Current Alternatives To 401k Retirement Plans

By James Bell


In some cases, people begin planning for retirement during their 20s and 30s. Whereas, others wait until there 40s and 50s. Regardless as to when an individual sets up a retirement plan, it should be noted that while 401k retirement accounts are the most popular, there are alternatives to 401k plans which can provide better results. For example, a CD incurs interest over a specific period of time during which individuals can not withdraw funds. Once the account matures, most people transfer the funds to an existing portfolio which includes other retirement accounts.

401k plans became the standard retirement account for a number of Americans in the 1980s. The account was named after the 401k IRS code. In most cases, these accounts are still the most simple and straight forward when it comes to setting up a plan. Whereas, if employed, an employer often works with the employee to set up contribution amounts which fit into the employee's budget.

The upside to this type of account is that most people can allow the account to run on autopilot once the plan has been established. For, by contributing a fixed amount on a monthly basis, most employers match that amount as long as the individual's salary never diminishes over time. In some cases, if an individual leaves a job, the company will allow the individual to withdraw the funds which were put into the account by the individual. Whether matched funds are also distributed is often based company policies and procedures.

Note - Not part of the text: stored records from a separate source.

-- ===== src/Node/Futures/Life.antt =====
-- node/node_internal/src/message_processor.rs: a future gets one answer at most, and keeps it.
use stargate.Common.{
  ℕ, ◌+◌, ◌≤◌, ◌<◌, ◌≡◌, refl, ap, Bool, true, false, Option, none, some, List, [], ◌∷◌, ◌++◌,
  arith, ==→eq, ==-self, length, All,
}
use mathlib.Core.Path.{subst}
use mathlib.Core.Option.{some-injective}
use stargate.Common.Dict.{
  get, insert, get-insert, get-remove, values, All-values-insert, All-values-remove, All-map,
}
use stargate.Common.Outcome.{Outcome, ok, err, panic}
use stargate.Messages.Errors.{ErrorMessage}
use stargate.Node.Futures.{
  Answer, value, failure, MessageProcessor, new, update, channel, or_insert, add_future, deliver,
  send, sent_or_same, forget, respond_to, send_response, remove_found, remove_future, sent_or_err,
  fail_found, future_error, drop_future, SendError,
}

-- what happens to a processor: a request is made, an answer or an error comes for it, its time is up,
-- or nobody waits for a future any more
pub data Act : Type 0 where
  open_future : (hash : ℕ) → Act
  respond : (hash v : ℕ) → Act
  fail : ErrorMessage → Act
  timed_out : (hash : ℕ) → Act
  abandon : (id : ℕ) → Act

-- the processor that a handler goes on with
abbrev pub or_same : MessageProcessor → Outcome SendError MessageProcessor → MessageProcessor
or_same p (ok q) = q
or_same p (err e) = p
or_same p panic = p

unfoldable pub step : MessageProcessor → Act → MessageProcessor
step p (open_future hash) = let (q, id) = channel p in add_future q hash id
step p (respond hash v) = send_response p hash v
step p (fail msg) = or_same p (future_error p msg)
step p (timed_out hash) = remove_future p hash
step p (abandon id) = drop_future p id

unfoldable pub steps : MessageProcessor → List Act → MessageProcessor
steps p [] = p
steps p (a ∷ acts) = steps (step p a) acts

-- Each sender in the map belongs to a future of its own, which has no message yet; and no future has
-- more than one.
pub record IsSound (p : MessageProcessor) : Type 0 where
  pub made : (h i : ℕ) → get p.tx_map h ≡ some i → i < p.next
  pub apart : (h k i : ℕ) → get p.tx_map h ≡ some i → get p.tx_map k ≡ some i → h ≡ k
  pub waiting : (h i : ℕ) → get p.tx_map h ≡ some i → p.buffer i ≡ []
  pub ids : All (λ i. i < p.next) (values p.tx_map)
  pub single : (i : ℕ) → length (p.buffer i) ≤ 1

pub new-IsSound : IsSound new
unfolding new get
new-IsSound = record {
  made = λ h i e. cc;
  apart = λ h k i e f. cc;
  waiting = λ h i e. cc;
  ids = tt;
  single = λ i. omega arith;
}

module _ (p : MessageProcessor) (s : IsSound p) (hash : ℕ) where
  forget-IsSound : IsSound (forget hash p)
  forget-IsSound = record {
    made = λ h i e. ground (arith, get-remove hash h p.tx_map, s.made h i);
    apart = λ h k i e f.
        ground (arith, get-remove hash h p.tx_map, get-remove hash k p.tx_map, s.apart h k i);
    waiting = λ h i e. ground (arith, get-remove hash h p.tx_map, s.waiting h i);
    ids = All-values-remove _ hash p.tx_map s.ids;
    single = s.single;
  }

  -- a message for the future of `hash`, whose sender leaves the map
  sent-IsSound :
      (id : ℕ) (a : Answer)
      → get p.tx_map hash ≡ some id
      → IsSound (forget hash (record p { buffer = update p.buffer id (p.buffer id ++ a ∷ []) }))
  sent-IsSound id a has = record {
    made = λ h i e. ground (arith, get-remove hash h p.tx_map, s.made h i);
    apart = λ h k i e f.
        ground (arith, get-remove hash h p.tx_map, get-remove hash k p.tx_map, s.apart h k i);
    waiting = λ h i e.
        ground
          (arith, get-remove hash h p.tx_map, s.waiting h i, s.apart hash h i, has, ==→eq id i);
    ids = All-values-remove _ hash p.tx_map s.ids;
    single = λ i.
        ground (
          arith,
          s.single i,
          ap (λ (b : List Answer). length (b ++ a ∷ [])) (s.waiting hash id has),
        );
  }

  later_ids : All (λ i. i < p.next + 1) (values p.tx_map)
  later_ids = All-map (values p.tx_map) (λ i below. omega arith) s.ids

  opened-IsSound :
      get p.tx_map hash ≡ none
      → IsSound (record (channel p).0 { tx_map = insert hash p.next p.tx_map })
  unfolding channel
  opened-IsSound free = record {
    made = λ h i e. ground (arith, get-insert hash h p.next p.tx_map, s.made h i);
    apart = λ h k i e f. ground (
      arith,
      get-insert hash h p.next p.tx_map,
      get-insert hash k p.next p.tx_map,
      s.apart h k i,
      s.made h i,
      s.made k i,
    );
    waiting = λ h i e. ground (arith, get-insert hash h p.next p.tx_map, s.made h i, s.waiting h i);
    ids = All-values-insert _ hash p.next p.tx_map (omega arith) later_ids;
    single = λ i. ground (arith, s.single i);
  }

pub channel-IsSound : (p : MessageProcessor) → IsSound p → IsSound (channel p).0
unfolding channel
channel-IsSound p s = record {
  made = λ h i e. ground (arith, s.made h i e);
  apart = s.apart;
  waiting = λ h i e. ground (arith, s.made h i e, s.waiting h i e);
  ids = All-map (values p.tx_map) (λ i below. omega arith) s.ids;
  single = λ i. ground (arith, s.single i);
}

module _ (p : MessageProcessor) (s : IsSound p) (hash : ℕ) where
  or_insert-IsSound :
      (o : Option ℕ) → get p.tx_map hash ≡ o → IsSound (or_insert (channel p).0 hash p.next o)
  unfolding or_insert channel
  or_insert-IsSound none free = opened-IsSound p s hash free
  or_insert-IsSound (some i) used = channel-IsSound p s

  delivered-IsSound :
      (id : ℕ) (a : Answer) (l : Bool)
      → get p.tx_map hash ≡ some id
      → IsSound (sent_or_same p hash (deliver p id a l))
  unfolding deliver
  delivered-IsSound id a true e = sent-IsSound p s hash id a e
  delivered-IsSound id a false e = s

  failed-IsSound :
      (id : ℕ) (a : Answer) (l : Bool)
      → get p.tx_map hash ≡ some id
      → IsSound (or_same p (sent_or_err hash (deliver p id a l)))
  unfolding deliver
  failed-IsSound id a true e = sent-IsSound p s hash id a e
  failed-IsSound id a false e = s

  respond_to-IsSound :
      (v : ℕ) (o : Option ℕ) → get p.tx_map hash ≡ o → IsSound (respond_to p hash v o)
  unfolding respond_to send
  respond_to-IsSound v none e = s
  respond_to-IsSound v (some id) e = delivered-IsSound id (value v) (p.listening id) e

  remove_found-IsSound : (o : Option ℕ) → get p.tx_map hash ≡ o → IsSound (remove_found p hash o)
  unfolding remove_found
  remove_found-IsSound none e = s
  remove_found-IsSound (some id) e = forget-IsSound p s hash

fail_found-IsSound :
    (p : MessageProcessor) (s : IsSound p) (msg : ErrorMessage) (o : Option ℕ)
    → get p.tx_map msg.raw_transaction_hash ≡ o
    → IsSound (or_same p (fail_found p msg o))
unfolding fail_found send
fail_found-IsSound p s msg none e = s
fail_found-IsSound p s msg (some id) e =
    failed-IsSound p s msg.raw_transaction_hash id (failure msg.error) (p.listening id) e

pub step-IsSound : (p : MessageProcessor) (a : Act) → IsSound p → IsSound (step p a)
unfolding step add_future send_response future_error remove_future drop_future channel
step-IsSound p (open_future hash) s = or_insert-IsSound p s hash (get p.tx_map hash) refl
step-IsSound p (respond hash v) s = respond_to-IsSound p s hash v (get p.tx_map hash) refl
step-IsSound p (fail msg) s = fail_found-IsSound p s msg _ refl
step-IsSound p (timed_out hash) s = remove_found-IsSound p s hash (get p.tx_map hash) refl
step-IsSound p (abandon id) s = record {
  made = s.made;
  apart = s.apart;
  waiting = s.waiting;
  ids = s.ids;
  single = s.single;
}

pub steps-IsSound : (p : MessageProcessor) (acts : List Act) → IsSound p → IsSound (steps p acts)
unfolding steps
steps-IsSound p [] s = s
steps-IsSound p (a ∷ acts) s = steps-IsSound (step p a) acts (step-IsSound p a s)

-- a new channel whose message is put in at once, with no sender in the map
answered_new :
    (p : MessageProcessor) (a : Answer)
    → IsSound p
    → IsSound (record (channel p).0 {
      buffer = update (channel p).0.buffer p.next ((channel p).0.buffer p.next ++ a ∷ []);
    })
unfolding channel
answered_new p a s = record {
  made = λ h i e. ground (arith, s.made h i e);
  apart = s.apart;
  waiting = λ h i e. ground (arith, s.made h i e, s.waiting h i e);
  ids = All-map (values p.tx_map) (λ i below. omega arith) s.ids;
  single = λ i. ground (arith, s.single i, ==-self p.next);
}

sent_new :
    (p : MessageProcessor) (a : Answer) (l : Bool) (q : MessageProcessor)
    → IsSound p
    → deliver (channel p).0 p.next a l ≡ some q
    → IsSound q
unfolding deliver
sent_new p a false q s e = cc
sent_new p a true q s e = subst (IsSound) (some-injective _ _ e) (answered_new p a s)

pub send_new-IsSound :
    (p : MessageProcessor) (a : Answer) (q : MessageProcessor)
    → IsSound p
    → send (channel p).0 p.next a ≡ some q
    → IsSound q
unfolding send
send_new-IsSound p a q s e = sent_new p a _ q s e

As with all types of investment accounts, there are upsides and downsides to 401k plans. For one, while an account can run on autopilot, the individual must assure that deposits are being made as scheduled. Whereas, if the salary of the employee doubles, the increase puts the individual at a disadvantage and most likely in a higher tax bracket.

A good alternative to a 401k retirement plan is that of an Individual Retirement Account, also known as an IRA. In addition, if an employer does not offer a 401k, then individuals can join small business owners and the self-employed in setting up this type of retirement account. In most cases, these accounts offer tax advantages during retirement which vary depending on whether the individual opts for a Roth or traditional IRA.

In some cases, individuals have multiple types of retirement accounts in a portfolio. Depending on the value of the holdings, contributions may not be tax deductible when it comes to filing income tax. Although, when having more than one holding, monies in the portfolio will continue to grow on a tax free basis.

A basic investment account is another alternative. In this case, individuals provide a cashier's check to a broker whom then oversees and manages money in the retirement accounts and portfolio. One drawback of this type account is that profits are often taxed as capital gains. Still, most individuals pay taxes at a reduced tax rate over that of income earned through an employer.

One of the most important aspects of any investment account is that the money is left in the account. For, most often not only do these accounts have penalties for early withdrawals, the less money in the account, the less interest will be gained over time. As such, to assure that funds continues to grow, it is important to only make withdrawals in a dire emergency.